#### Assignment:
Give back exactly the lines of the data below, starting with the line that has "completed_at = none;" and going on through the line that has "claim_count-le_one_example : claim_count".

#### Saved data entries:
-*-

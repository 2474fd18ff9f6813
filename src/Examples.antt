-- ===== src/Examples.antt =====
-- Runs of the theorems on a small database: one agent, one target, one operation. Here the data,
-- and histories of the store.
pub mod Services
pub mod Paths
pub mod Inputs
pub mod Logins
pub mod Catalogs
pub mod Proxies
pub mod Transactions
pub mod Changes
use mathlib.Core.Path.{◌≡◌, refl}
use mathlib.Core.Bool.{true, false}
use mathlib.Core.Option.{Option, none, some}
use mathlib.Core.List.{List, [], ◌∷◌}
use Prim.Native.Nat.{ℕ, ◌+◌, ◌-◌, ◌*◌, ◌≤◌}
use agent_key_vault_jit_acce.Prelude.Rows.{any_row, select_rows, update_rows, collect, bytes_eq}
use agent_key_vault_jit_acce.Prelude.Evolves.{All, Any}
use agent_key_vault_jit_acce.Domain.Task.{TaskStatus}
use agent_key_vault_jit_acce.Domain.Task
use agent_key_vault_jit_acce.Domain.Request.{RequestStatus}
use agent_key_vault_jit_acce.Domain.Grant.{GrantStatus}
use agent_key_vault_jit_acce.Domain.Catalog.{
  ConnectorType, CredentialType, ExecutorType, RiskLevel, ConnectionConfig,
}
use agent_key_vault_jit_acce.Store.Tables.{
  Db, Bytes, OperationKind, Task, Request, Grant, Catalog, Accounts, text,
}
use agent_key_vault_jit_acce.Store.Action.{
  World, ok, err, internal, next_fails, rest_faults, spend, pure, go_on, ◌>>=◌, when_raise,
  with_error, mask, land, statement, settle, transaction,
}
use agent_key_vault_jit_acce.Store.Statements.{
  task_check, update_tasks, update_requests, update_grants,
}
use agent_key_vault_jit_acce.Store.Authorization.{
  ClaimContext, has_active_task, is_bound, is_current,
}
use agent_key_vault_jit_acce.Store.Claims.{claimable, claim_grant, claim_result, claim_approved}
use agent_key_vault_jit_acce.Store.Claims.Authorized.{Authorizes}
use agent_key_vault_jit_acce.Store.Tasks.{
  active_task_of, executions_of, end_active_task, silent_since,
}
use agent_key_vault_jit_acce.Store.Lifecycle.{
  SweepResult, is_one_of, revoke_lost, sweep_expired_and_lost,
}
use agent_key_vault_jit_acce.Store.History.{Call, claims, ends_task, perform}
use agent_key_vault_jit_acce.Store.History.Claims.{claim_count, claim_count-le_one}
use agent_key_vault_jit_acce.Service.Approvals.{claim}
use agent_key_vault_jit_acce.Service.Approvals.Claims.{claim-Authorizes}
use agent_key_vault_jit_acce.Service.Tasks.{end_task}
use agent_key_vault_jit_acce.Service.Tasks.Ends.{TaskOver, GrantStopped, end_task-stops}
use agent_key_vault_jit_acce.Service.Lifecycle.{agent_lost_after, sweep}
use agent_key_vault_jit_acce.Service.Lifecycle.Sweeps.{
  RequestTimely, GrantTimely, TaskAlive, sweep-leaves,
}
use agent_key_vault_jit_acce.Prelude.Rows.{find_row, insert_ordered, order_rows}
use agent_key_vault_jit_acce.Prelude.Int.{pos}
use agent_key_vault_jit_acce.Domain.Execution.{ExecutionStatus}
use agent_key_vault_jit_acce.Store.Tables.{Decision, Approval, Execution}
use agent_key_vault_jit_acce.Store.Action.{query, or_raise}
use agent_key_vault_jit_acce.Store.Statements.{
  insert_grant, insert_approval, decision_check, update_executions,
}
use agent_key_vault_jit_acce.Store.Authorization.{
  context_row, scanned, find_decision_context, decide_pending, lock_active_task, decidable,
  insert_grant_if,
}
use agent_key_vault_jit_acce.Store.Recovery.{
  RecoveryItem, is_stuck, is_recoverable, recovery_items, mark_stuck_and_list_recovery,
}
use agent_key_vault_jit_acce.Service.Identity.{User, can_approve}
use agent_key_vault_jit_acce.Service.Approvals.{decide, make_grant, refuse_expired}
use agent_key_vault_jit_acce.Service.Approvals.Decides.{DecisionOutcome, decide-ok}
use agent_key_vault_jit_acce.Service.Lifecycle.{Turn, RecoveryResult, recovery_batch, recover}
use agent_key_vault_jit_acce.Service.Lifecycle.Recovers.{recover-counts}
use agent_key_vault_jit_acce.Operation.Text.{
  Text, codes, text_eq, is_member, contains, contains_any, utf8, split, join, escapes, escape_bytes,
  path_escape,
}
use agent_key_vault_jit_acce.Operation.Path.{
  PathSegment, literal, placeholder, slash, starts_with, starts_with_two, ends_with, drop_first,
  drop_last, braced, braces, is_last, path_refused, unsafe_segment, validate_placeholder,
  validate_literal, validate_part, validate_parts, validate_split, validate_path,
  forbidden_in_argument, any_forbidden, unsafe_path_argument, path_parts, resolve_path,
}
use agent_key_vault_jit_acce.Operation.Path.Resolves.{Matches, resolve_path-segments}

-- Thirty-two bytes.
abbrev hash : Bytes
hash =
    1 ∷ 2 ∷ 3 ∷ 4 ∷ 5 ∷ 6 ∷ 7 ∷ 8 ∷ 1 ∷ 2 ∷ 3 ∷ 4 ∷ 5 ∷ 6 ∷ 7 ∷ 8 ∷ 1 ∷ 2 ∷ 3 ∷ 4 ∷ 5 ∷ 6 ∷ 7 ∷ 8
    ∷ 1 ∷ 2 ∷ 3 ∷ 4 ∷ 5 ∷ 6 ∷ 7 ∷ 8 ∷ []

abbrev minute : ℕ
minute = 60000000000

abbrev accounts : Accounts
accounts = record {
  users =
      record {
        id = 21;
        username = text "owner";
        password_hash = text "secret";
        is_admin = true;
        approve_all = false;
        active = true;
        created_at = 0;
      }
      ∷ [];
  web_sessions = [];
  agents =
      record { id = 11; owner_user_id = 21; name = text "agent"; active = true; created_at = 0 }
      ∷ [];
  agent_tokens = [];
}

abbrev connection_config : ConnectionConfig
connection_config = record {
  base_url = text "https://api.example.com";
  allowed_http_methods = text "GET" ∷ [];
  host = [];
  port = 0;
  database = [];
  tls_mode = [];
  require_dynamic = false;
}

abbrev catalog : Catalog
catalog = record {
  targets =
      record {
        id = 31;
        name = text "api";
        description = [];
        connector_type = ConnectorType.http;
        connection_config = connection_config;
        config_version = 3;
        default_credential_id = some 41;
        active = true;
        created_at = 0;
      }
      ∷ [];
  credentials =
      record {
        id = 41;
        alias = text "key";
        credential_type = CredentialType.api_key;
        target_id = 31;
        active = true;
        vault_provider = text "OPENBAO";
        vault_path = text "akv/data/key";
        vault_version = none;
        created_at = 0;
      }
      ∷ [];
  bindings =
      record {
        target_id = 31;
        operation_id = 51;
        version = 2;
        active = true;
        policy = [];
        created_by = 21;
        updated_by = 21;
        created_at = 0;
        updated_at = 0;
      }
      ∷ [];
  operations =
      record {
        id = 51;
        operation_set_id = 61;
        key = text "read";
        current_version = some 2;
        active = true;
        created_by = 21;
        updated_by = 21;
        created_at = 0;
        updated_at = 0;
      }
      ∷ [];
  operation_sets =
      record {
        id = 61;
        name = text "reads";
        description = [];
        executor_type = ExecutorType.http;
        active = true;
        created_by = 21;
        updated_by = 21;
        created_at = 0;
        updated_at = 0;
      }
      ∷ [];
  operation_versions =
      record {
        operation_id = 51;
        version = 2;
        name = text "read";
        description = [];
        operation_kind = OperationKind.http;
        risk_level = RiskLevel.low;
        arguments_schema = [];
        execution_template = [];
        definition_hash = hash;
        created_by = 21;
        created_at = 0;
      }
      ∷ [];
}

abbrev task : Task
task = record {
  id = 71;
  agent_id = 11;
  status = TaskStatus.active;
  created_at = minute;
  last_heartbeat_at = minute;
  ended_at = none;
}

abbrev request_with : RequestStatus → Request
request_with status = record {
  id = 81;
  agent_id = 11;
  task_id = 71;
  target_id = 31;
  credential_id = 41;
  request_format = 2;
  operation_id = 51;
  operation_version = 2;
  arguments_snapshot = 0 ∷ [];
  definition_hash = hash;
  target_config_version = 3;
  operation_kind = OperationKind.http;
  operation_snapshot = 0 ∷ [];
  operation_hash = hash;
  reason = 1 ∷ [];
  status = status;
  created_at = minute;
  approval_deadline = 5 * minute;
}

abbrev grant : Grant
grant = record {
  id = 91;
  request_id = 81;
  agent_id = 11;
  task_id = 71;
  target_id = 31;
  credential_id = 41;
  operation_hash = hash;
  approved_at = minute;
  expires_at = 3 * minute;
  status = GrantStatus.approved;
  claimed_at = none;
  completed_at = none;
  revoked_at = none;
}

abbrev approved_db : Db
approved_db = record {
  accounts = accounts;
  catalog = catalog;
  tasks = task ∷ [];
  requests = request_with RequestStatus.approved ∷ [];
  approvals = [];
  grants = grant ∷ [];
  executions = [];
  reclaims = [];
  incidents = [];
  audit = [];
}

abbrev approved_world : World
approved_world = record { db = approved_db; faults = [] }

abbrev claim_context : ClaimContext
claim_context = record {
  grant_id = 91;
  agent_id = 11;
  task_id = 71;
  target_id = 31;
  credential_id = 41;
  operation_hash = hash;
}

abbrev claim_twice : List Call
claim_twice = claims claim_context (2 * minute) ∷ claims claim_context (2 * minute) ∷ []

claim_count-le_one_example : claim_count 91 claim_twice approved_world ≤ 1
claim_count-le_one_example = claim_count-le_one 91 claim_twice approved_world (tt, tt)

claimed : (claim claim_context (2 * minute) approved_world).0 ≡ ok (claim_grant (2 * minute) grant)
unfolding claim claim_approved claim_result claimable has_active_task is_current is_bound any_row
    select_rows update_rows bytes_eq update_grants statement land spend next_fails rest_faults ◌>>=◌
    go_on when_raise mask with_error pure
claimed = refl

claim-Authorizes_example :
    Any
      (λ x.
        Authorizes claim_context (2 * minute) approved_db x
        × (claim_grant (2 * minute) grant ≡ claim_grant (2 * minute) x))
      (grant ∷ [])
claim-Authorizes_example =
    claim-Authorizes claim_context (2 * minute) approved_world (claim_grant (2 * minute) grant)
      claimed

-*-

#### Task solution:
  completed_at = none;
  revoked_at = none;
}

abbrev approved_db : Db
approved_db = record {
  accounts = accounts;
  catalog = catalog;
  tasks = task ∷ [];
  requests = request_with RequestStatus.approved ∷ [];
  approvals = [];
  grants = grant ∷ [];
  executions = [];
  reclaims = [];
  incidents = [];
  audit = [];
}

abbrev approved_world : World
approved_world = record { db = approved_db; faults = [] }

abbrev claim_context : ClaimContext
claim_context = record {
  grant_id = 91;
  agent_id = 11;
  task_id = 71;
  target_id = 31;
  credential_id = 41;
  operation_hash = hash;
}

abbrev claim_twice : List Call
claim_twice = claims claim_context (2 * minute) ∷ claims claim_context (2 * minute) ∷ []

claim_count-le_one_example : claim_count 91 claim_twice approved_world ≤ 1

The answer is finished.